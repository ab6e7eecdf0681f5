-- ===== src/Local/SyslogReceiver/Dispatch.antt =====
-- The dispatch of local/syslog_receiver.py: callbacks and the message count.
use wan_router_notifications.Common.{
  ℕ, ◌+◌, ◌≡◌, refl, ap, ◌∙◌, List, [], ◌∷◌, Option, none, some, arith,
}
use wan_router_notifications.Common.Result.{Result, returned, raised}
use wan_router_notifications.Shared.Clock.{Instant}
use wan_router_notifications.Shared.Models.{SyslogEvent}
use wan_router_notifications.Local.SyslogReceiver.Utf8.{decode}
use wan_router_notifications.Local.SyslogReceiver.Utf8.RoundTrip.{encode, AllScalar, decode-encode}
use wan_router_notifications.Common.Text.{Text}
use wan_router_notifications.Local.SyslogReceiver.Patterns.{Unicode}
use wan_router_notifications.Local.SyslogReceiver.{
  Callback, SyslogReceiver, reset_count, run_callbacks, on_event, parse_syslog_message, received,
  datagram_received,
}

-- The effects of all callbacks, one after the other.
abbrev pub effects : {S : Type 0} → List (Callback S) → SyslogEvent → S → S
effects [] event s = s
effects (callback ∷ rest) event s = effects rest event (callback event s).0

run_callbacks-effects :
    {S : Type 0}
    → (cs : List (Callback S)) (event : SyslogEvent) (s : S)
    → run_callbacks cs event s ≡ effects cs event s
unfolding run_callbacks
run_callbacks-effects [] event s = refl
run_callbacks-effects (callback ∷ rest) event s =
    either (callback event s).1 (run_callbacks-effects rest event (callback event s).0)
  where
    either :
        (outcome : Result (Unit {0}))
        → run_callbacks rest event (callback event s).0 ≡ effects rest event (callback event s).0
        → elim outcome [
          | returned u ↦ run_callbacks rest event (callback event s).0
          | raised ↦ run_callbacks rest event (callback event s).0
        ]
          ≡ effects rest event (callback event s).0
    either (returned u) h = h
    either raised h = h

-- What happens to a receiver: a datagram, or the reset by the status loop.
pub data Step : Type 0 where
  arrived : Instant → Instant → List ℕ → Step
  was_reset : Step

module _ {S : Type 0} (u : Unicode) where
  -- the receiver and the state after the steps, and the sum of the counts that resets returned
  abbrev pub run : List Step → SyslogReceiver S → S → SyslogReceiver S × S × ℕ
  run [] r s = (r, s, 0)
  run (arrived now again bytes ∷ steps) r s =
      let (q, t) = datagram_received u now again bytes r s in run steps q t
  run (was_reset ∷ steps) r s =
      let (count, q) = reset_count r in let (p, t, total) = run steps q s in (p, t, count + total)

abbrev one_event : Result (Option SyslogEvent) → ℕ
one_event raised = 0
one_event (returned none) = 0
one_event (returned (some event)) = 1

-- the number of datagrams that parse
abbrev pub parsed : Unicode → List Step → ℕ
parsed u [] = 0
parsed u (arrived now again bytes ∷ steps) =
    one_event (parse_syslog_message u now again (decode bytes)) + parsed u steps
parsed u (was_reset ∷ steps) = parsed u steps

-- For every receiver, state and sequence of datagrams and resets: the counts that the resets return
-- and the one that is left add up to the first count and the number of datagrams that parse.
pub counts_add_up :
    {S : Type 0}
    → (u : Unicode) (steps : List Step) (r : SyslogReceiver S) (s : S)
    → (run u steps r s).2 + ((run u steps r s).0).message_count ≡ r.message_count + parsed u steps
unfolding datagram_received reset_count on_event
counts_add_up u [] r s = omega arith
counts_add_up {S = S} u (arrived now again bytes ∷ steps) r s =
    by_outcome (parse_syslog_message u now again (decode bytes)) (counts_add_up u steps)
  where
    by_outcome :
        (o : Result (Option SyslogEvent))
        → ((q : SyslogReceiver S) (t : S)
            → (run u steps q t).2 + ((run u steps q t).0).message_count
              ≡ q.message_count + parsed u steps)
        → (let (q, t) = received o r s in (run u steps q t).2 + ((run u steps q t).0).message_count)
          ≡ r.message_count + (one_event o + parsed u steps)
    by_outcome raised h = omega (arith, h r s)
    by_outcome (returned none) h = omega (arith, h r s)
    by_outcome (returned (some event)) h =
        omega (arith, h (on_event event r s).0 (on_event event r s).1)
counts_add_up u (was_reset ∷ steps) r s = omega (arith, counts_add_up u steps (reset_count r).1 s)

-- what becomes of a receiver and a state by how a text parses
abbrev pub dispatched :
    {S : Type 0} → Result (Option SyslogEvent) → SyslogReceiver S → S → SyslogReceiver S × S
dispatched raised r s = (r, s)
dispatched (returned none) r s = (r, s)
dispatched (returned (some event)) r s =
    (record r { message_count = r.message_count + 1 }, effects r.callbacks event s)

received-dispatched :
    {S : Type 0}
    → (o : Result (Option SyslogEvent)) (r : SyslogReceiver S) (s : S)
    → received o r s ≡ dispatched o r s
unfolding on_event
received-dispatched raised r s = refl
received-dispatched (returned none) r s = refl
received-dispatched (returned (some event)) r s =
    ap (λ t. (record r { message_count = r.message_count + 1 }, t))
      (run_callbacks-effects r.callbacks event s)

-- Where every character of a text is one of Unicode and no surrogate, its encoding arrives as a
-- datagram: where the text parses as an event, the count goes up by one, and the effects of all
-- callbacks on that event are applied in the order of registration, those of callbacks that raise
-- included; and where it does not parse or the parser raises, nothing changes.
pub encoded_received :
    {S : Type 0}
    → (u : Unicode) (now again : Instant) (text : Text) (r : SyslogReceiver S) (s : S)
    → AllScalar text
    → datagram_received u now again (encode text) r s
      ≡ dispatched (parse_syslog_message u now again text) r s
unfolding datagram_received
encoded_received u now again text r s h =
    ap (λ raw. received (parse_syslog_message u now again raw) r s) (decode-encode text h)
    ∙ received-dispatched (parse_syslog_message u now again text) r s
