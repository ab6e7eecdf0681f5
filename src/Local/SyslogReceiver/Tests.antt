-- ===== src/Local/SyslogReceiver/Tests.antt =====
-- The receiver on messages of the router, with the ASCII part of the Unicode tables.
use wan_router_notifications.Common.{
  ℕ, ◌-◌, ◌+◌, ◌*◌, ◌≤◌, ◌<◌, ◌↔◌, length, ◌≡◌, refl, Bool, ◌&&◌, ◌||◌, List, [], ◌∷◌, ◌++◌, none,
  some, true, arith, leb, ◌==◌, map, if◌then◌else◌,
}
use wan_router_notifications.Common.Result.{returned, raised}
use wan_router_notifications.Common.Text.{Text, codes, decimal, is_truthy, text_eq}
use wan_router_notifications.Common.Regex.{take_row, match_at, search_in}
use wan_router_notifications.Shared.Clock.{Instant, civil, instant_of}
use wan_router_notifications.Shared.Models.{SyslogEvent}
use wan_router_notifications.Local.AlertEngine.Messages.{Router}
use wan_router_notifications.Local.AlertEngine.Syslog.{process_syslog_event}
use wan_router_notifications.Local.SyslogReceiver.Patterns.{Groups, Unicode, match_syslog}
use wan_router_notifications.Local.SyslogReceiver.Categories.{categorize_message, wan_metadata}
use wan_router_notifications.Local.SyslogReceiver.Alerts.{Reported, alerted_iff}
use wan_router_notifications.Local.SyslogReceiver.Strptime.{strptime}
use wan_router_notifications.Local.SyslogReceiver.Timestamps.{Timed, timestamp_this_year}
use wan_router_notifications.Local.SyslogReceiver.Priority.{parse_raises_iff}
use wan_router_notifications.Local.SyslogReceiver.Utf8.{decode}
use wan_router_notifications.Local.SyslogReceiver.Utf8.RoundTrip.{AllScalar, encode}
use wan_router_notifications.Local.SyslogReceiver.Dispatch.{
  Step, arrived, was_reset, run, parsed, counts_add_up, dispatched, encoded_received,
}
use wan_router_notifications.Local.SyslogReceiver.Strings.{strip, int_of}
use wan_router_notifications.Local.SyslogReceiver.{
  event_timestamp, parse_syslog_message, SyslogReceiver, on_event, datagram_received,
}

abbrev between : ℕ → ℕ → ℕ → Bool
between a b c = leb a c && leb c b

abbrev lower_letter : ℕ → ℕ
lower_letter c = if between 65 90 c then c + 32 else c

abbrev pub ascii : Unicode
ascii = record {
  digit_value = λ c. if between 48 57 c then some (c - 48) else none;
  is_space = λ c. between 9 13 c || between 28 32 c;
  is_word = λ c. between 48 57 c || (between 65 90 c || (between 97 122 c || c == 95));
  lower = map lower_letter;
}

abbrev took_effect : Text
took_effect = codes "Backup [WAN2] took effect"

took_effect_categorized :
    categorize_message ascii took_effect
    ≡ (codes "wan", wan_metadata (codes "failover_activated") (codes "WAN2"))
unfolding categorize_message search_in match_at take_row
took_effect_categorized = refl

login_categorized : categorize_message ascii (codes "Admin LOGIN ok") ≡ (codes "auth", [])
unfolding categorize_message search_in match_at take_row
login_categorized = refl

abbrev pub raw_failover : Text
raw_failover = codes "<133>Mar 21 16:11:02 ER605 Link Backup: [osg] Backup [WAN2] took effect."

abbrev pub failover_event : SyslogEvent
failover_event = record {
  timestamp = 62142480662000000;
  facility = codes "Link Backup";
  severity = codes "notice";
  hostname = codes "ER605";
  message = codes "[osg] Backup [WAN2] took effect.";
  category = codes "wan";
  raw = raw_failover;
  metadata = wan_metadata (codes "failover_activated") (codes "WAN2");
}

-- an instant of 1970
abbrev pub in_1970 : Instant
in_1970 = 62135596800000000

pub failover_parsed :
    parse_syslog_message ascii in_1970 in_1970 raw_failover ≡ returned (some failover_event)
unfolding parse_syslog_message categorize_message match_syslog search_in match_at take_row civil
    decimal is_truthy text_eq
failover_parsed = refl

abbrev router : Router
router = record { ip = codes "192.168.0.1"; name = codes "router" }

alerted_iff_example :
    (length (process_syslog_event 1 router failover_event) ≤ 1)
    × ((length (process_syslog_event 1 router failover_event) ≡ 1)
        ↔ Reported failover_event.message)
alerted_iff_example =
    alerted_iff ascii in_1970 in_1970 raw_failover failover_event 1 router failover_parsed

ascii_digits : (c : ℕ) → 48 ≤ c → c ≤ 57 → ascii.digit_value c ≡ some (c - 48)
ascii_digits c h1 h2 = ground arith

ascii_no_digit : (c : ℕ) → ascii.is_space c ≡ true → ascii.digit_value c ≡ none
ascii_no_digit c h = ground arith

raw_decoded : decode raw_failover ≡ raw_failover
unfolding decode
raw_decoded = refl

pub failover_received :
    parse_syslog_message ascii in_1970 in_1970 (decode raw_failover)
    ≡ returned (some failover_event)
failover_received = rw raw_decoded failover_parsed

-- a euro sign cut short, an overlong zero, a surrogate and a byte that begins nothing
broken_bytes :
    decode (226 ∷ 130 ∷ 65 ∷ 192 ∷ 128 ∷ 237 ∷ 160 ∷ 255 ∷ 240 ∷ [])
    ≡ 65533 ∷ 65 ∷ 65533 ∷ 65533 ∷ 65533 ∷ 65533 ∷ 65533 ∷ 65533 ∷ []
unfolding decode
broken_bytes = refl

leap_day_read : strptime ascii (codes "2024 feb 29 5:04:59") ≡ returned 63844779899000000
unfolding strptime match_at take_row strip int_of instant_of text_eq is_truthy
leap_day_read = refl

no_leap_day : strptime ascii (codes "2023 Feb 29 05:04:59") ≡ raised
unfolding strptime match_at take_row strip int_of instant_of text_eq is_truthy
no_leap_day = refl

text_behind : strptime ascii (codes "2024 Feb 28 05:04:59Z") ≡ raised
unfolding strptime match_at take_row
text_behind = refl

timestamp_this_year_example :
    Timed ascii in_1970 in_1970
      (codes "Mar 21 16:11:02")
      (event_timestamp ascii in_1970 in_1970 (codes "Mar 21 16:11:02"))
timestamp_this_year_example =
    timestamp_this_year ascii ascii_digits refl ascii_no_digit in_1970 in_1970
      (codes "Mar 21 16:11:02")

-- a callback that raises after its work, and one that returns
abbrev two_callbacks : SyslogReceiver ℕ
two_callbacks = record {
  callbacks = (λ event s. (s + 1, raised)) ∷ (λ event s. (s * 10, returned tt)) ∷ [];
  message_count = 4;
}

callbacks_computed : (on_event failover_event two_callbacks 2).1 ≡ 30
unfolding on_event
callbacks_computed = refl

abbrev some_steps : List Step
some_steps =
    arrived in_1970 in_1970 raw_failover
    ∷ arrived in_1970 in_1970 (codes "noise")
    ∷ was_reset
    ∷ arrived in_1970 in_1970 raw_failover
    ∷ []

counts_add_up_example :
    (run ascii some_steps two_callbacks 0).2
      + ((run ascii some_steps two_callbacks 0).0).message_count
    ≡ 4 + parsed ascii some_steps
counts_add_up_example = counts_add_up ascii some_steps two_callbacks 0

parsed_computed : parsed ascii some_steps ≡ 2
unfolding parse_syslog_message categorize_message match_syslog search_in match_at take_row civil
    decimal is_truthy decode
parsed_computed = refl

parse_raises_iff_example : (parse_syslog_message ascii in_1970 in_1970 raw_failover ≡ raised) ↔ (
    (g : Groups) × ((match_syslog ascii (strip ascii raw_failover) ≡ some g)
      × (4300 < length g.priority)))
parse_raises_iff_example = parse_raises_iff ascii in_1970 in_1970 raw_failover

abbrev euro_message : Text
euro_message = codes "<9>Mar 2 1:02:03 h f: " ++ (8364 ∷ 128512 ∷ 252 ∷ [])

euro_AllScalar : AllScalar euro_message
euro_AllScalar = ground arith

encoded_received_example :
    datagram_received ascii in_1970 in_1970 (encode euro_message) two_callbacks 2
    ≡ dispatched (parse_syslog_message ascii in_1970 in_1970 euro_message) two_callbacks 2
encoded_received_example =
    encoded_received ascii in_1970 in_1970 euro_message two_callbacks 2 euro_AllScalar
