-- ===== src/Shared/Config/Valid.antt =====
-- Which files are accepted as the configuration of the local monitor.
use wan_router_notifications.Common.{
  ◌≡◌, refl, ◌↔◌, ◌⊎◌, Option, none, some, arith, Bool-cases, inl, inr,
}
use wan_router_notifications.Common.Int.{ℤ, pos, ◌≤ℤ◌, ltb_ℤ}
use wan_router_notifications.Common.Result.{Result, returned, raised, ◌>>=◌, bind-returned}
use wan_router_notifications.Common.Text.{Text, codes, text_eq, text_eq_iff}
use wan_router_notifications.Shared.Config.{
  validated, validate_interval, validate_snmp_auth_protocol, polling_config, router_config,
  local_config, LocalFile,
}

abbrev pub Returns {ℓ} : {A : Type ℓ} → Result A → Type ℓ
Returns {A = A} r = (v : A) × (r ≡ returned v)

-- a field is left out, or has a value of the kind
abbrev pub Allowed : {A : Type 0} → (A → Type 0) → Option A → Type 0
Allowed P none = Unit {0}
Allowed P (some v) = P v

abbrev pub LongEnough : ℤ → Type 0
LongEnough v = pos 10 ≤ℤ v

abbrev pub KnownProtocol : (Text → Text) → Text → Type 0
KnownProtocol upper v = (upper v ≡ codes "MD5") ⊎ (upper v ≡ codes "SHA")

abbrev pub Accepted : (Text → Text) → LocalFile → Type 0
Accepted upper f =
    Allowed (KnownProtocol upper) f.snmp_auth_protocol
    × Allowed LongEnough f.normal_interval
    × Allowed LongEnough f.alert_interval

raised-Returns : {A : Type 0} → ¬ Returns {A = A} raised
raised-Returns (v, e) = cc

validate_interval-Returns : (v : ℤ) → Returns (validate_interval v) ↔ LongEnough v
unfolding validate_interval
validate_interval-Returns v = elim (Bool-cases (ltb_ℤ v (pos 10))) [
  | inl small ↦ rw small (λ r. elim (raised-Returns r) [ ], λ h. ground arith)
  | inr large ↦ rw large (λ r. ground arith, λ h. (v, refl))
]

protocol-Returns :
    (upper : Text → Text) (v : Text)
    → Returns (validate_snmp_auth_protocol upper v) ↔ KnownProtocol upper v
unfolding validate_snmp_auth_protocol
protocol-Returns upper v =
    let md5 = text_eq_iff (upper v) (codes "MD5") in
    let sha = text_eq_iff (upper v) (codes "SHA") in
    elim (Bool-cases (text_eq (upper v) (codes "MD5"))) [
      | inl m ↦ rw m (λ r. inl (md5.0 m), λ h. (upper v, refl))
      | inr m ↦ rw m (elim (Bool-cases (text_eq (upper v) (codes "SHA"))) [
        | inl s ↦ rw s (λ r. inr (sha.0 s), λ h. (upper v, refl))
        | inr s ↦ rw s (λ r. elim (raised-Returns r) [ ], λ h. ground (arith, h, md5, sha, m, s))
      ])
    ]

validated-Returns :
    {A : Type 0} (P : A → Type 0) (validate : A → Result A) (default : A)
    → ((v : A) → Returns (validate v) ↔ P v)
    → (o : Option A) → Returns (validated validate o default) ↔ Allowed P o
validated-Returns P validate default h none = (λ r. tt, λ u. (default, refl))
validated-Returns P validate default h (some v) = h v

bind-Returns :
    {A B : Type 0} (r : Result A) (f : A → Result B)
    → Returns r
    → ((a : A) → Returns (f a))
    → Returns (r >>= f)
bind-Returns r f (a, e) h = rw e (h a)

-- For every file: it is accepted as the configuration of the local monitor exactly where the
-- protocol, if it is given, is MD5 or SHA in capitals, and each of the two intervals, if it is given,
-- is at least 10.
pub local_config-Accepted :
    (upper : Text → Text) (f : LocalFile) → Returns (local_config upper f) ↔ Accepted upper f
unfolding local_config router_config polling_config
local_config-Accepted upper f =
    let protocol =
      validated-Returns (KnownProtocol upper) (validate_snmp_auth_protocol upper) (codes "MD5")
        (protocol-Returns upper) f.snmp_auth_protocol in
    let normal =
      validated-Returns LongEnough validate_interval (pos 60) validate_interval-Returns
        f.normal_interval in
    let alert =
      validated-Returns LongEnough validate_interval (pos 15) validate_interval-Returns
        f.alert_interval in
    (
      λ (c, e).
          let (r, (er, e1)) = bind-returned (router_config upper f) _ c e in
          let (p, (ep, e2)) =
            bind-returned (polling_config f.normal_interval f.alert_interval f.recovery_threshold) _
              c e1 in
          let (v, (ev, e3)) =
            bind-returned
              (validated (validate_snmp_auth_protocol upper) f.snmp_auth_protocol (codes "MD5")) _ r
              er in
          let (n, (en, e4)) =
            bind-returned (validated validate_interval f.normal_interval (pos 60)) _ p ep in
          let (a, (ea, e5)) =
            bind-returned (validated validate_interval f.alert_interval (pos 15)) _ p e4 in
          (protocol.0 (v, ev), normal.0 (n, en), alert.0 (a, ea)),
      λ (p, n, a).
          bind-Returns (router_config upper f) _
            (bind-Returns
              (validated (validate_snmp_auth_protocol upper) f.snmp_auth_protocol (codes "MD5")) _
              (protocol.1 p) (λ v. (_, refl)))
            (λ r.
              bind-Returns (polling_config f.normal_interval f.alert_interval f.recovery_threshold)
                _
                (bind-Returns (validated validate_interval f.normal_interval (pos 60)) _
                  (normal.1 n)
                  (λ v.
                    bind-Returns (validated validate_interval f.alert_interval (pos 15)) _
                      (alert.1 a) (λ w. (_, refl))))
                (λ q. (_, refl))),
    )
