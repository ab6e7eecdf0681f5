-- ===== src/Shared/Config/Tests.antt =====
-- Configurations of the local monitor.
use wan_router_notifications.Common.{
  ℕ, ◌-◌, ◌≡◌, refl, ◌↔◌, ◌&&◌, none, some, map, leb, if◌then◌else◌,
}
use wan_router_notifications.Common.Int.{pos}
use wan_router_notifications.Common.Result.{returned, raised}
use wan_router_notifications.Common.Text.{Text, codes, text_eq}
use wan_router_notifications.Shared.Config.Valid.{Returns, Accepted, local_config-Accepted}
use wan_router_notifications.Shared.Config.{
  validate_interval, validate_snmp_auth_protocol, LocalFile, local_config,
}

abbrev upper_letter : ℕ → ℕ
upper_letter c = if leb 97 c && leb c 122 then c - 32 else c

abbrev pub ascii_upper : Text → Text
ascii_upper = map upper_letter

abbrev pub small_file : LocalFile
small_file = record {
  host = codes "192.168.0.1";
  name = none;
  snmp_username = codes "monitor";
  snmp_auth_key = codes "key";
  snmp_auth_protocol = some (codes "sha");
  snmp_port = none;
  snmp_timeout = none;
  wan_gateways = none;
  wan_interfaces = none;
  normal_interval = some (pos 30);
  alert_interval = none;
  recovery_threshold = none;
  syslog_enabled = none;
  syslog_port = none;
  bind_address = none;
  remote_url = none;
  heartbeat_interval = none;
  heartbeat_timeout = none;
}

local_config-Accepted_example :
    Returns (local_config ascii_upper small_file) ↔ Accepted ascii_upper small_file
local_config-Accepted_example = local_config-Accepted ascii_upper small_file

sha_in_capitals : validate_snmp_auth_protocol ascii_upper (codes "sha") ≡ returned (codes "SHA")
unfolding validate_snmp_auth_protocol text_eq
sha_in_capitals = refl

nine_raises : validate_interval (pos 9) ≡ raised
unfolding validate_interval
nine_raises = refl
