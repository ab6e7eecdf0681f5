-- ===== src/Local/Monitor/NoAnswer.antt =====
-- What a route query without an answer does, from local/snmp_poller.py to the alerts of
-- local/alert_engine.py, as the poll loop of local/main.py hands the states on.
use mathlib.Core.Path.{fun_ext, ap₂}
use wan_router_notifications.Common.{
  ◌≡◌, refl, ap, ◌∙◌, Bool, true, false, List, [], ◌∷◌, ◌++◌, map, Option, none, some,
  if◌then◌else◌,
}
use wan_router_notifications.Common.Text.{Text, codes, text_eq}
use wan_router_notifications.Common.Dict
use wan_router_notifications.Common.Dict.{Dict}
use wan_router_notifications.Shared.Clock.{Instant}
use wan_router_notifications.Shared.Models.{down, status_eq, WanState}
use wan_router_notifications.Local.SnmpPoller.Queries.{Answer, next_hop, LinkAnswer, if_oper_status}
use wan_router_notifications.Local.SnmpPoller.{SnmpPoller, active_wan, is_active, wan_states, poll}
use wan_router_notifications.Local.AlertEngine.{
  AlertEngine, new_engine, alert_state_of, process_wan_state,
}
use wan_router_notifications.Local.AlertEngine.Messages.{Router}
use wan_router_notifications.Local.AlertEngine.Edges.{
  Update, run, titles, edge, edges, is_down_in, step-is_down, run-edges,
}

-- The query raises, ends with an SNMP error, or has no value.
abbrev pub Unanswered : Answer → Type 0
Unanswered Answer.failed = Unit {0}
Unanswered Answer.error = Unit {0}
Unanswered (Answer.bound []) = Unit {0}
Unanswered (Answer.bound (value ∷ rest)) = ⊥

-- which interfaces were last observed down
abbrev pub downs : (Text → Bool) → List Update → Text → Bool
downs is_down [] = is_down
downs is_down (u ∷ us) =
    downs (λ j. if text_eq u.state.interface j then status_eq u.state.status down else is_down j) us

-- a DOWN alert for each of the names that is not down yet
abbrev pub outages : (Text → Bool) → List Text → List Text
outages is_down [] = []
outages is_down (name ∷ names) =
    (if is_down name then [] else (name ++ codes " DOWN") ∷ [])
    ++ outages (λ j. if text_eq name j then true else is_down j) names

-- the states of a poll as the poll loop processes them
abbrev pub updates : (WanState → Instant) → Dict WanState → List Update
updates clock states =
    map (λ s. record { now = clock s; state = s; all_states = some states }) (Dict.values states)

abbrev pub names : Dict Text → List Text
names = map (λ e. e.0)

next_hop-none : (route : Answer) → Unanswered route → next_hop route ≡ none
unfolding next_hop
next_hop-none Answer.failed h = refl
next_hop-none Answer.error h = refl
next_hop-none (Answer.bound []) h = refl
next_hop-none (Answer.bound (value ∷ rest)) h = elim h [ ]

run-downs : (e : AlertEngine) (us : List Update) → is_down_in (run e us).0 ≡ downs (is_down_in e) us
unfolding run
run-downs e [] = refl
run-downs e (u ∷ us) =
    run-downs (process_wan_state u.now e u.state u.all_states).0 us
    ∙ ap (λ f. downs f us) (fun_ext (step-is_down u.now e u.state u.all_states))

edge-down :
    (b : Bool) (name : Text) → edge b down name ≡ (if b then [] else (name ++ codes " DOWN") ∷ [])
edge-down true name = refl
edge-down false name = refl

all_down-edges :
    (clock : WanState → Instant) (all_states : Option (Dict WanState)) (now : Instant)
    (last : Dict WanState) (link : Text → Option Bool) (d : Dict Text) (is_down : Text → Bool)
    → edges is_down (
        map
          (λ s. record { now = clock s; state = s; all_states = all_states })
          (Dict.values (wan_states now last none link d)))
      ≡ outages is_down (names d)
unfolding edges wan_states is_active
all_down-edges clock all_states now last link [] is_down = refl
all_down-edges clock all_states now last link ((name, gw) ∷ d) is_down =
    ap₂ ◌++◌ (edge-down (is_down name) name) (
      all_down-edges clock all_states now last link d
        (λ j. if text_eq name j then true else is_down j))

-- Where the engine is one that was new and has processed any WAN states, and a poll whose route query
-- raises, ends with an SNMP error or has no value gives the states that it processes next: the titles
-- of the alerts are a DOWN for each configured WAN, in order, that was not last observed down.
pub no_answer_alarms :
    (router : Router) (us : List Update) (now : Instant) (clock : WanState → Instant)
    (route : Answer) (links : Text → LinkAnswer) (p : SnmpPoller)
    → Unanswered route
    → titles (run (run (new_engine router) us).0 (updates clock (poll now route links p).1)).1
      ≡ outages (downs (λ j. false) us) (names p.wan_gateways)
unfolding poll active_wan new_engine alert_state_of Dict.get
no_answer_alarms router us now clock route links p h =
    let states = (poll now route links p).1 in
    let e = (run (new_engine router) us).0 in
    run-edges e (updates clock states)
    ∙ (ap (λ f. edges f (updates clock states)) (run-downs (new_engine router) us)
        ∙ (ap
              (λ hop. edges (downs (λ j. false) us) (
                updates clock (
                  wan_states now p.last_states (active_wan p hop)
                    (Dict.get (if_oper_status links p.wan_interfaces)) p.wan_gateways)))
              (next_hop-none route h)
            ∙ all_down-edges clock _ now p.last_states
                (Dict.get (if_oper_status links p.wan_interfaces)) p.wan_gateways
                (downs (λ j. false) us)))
◇ ◇ ◇
● **Task description**
Please give an exact copy of the entries above, from the line with "Step) (r : SyslogReceiver S) (s : S)" down to the line with "o + parsed u steps)", inclusive, and nothing else.

● **Solution below**
    → (u : Unicode) (steps : List Step) (r : SyslogReceiver S) (s : S)
    → (run u steps r s).2 + ((run u steps r s).0).message_count ≡ r.message_count + parsed u steps
unfolding datagram_received reset_count on_event
counts_add_up u [] r s = omega arith
counts_add_up {S = S} u (arrived now again bytes ∷ steps) r s =
    by_outcome (parse_syslog_message u now again (decode bytes)) (counts_add_up u steps)
  where
    by_outcome :
        (o : Result (Option SyslogEvent))
        → ((q : SyslogReceiver S) (t : S)
            → (run u steps q t).2 + ((run u steps q t).0).message_count
              ≡ q.message_count + parsed u steps)
        → (let (q, t) = received o r s in (run u steps q t).2 + ((run u steps q t).0).message_count)
          ≡ r.message_count + (one_event o + parsed u steps)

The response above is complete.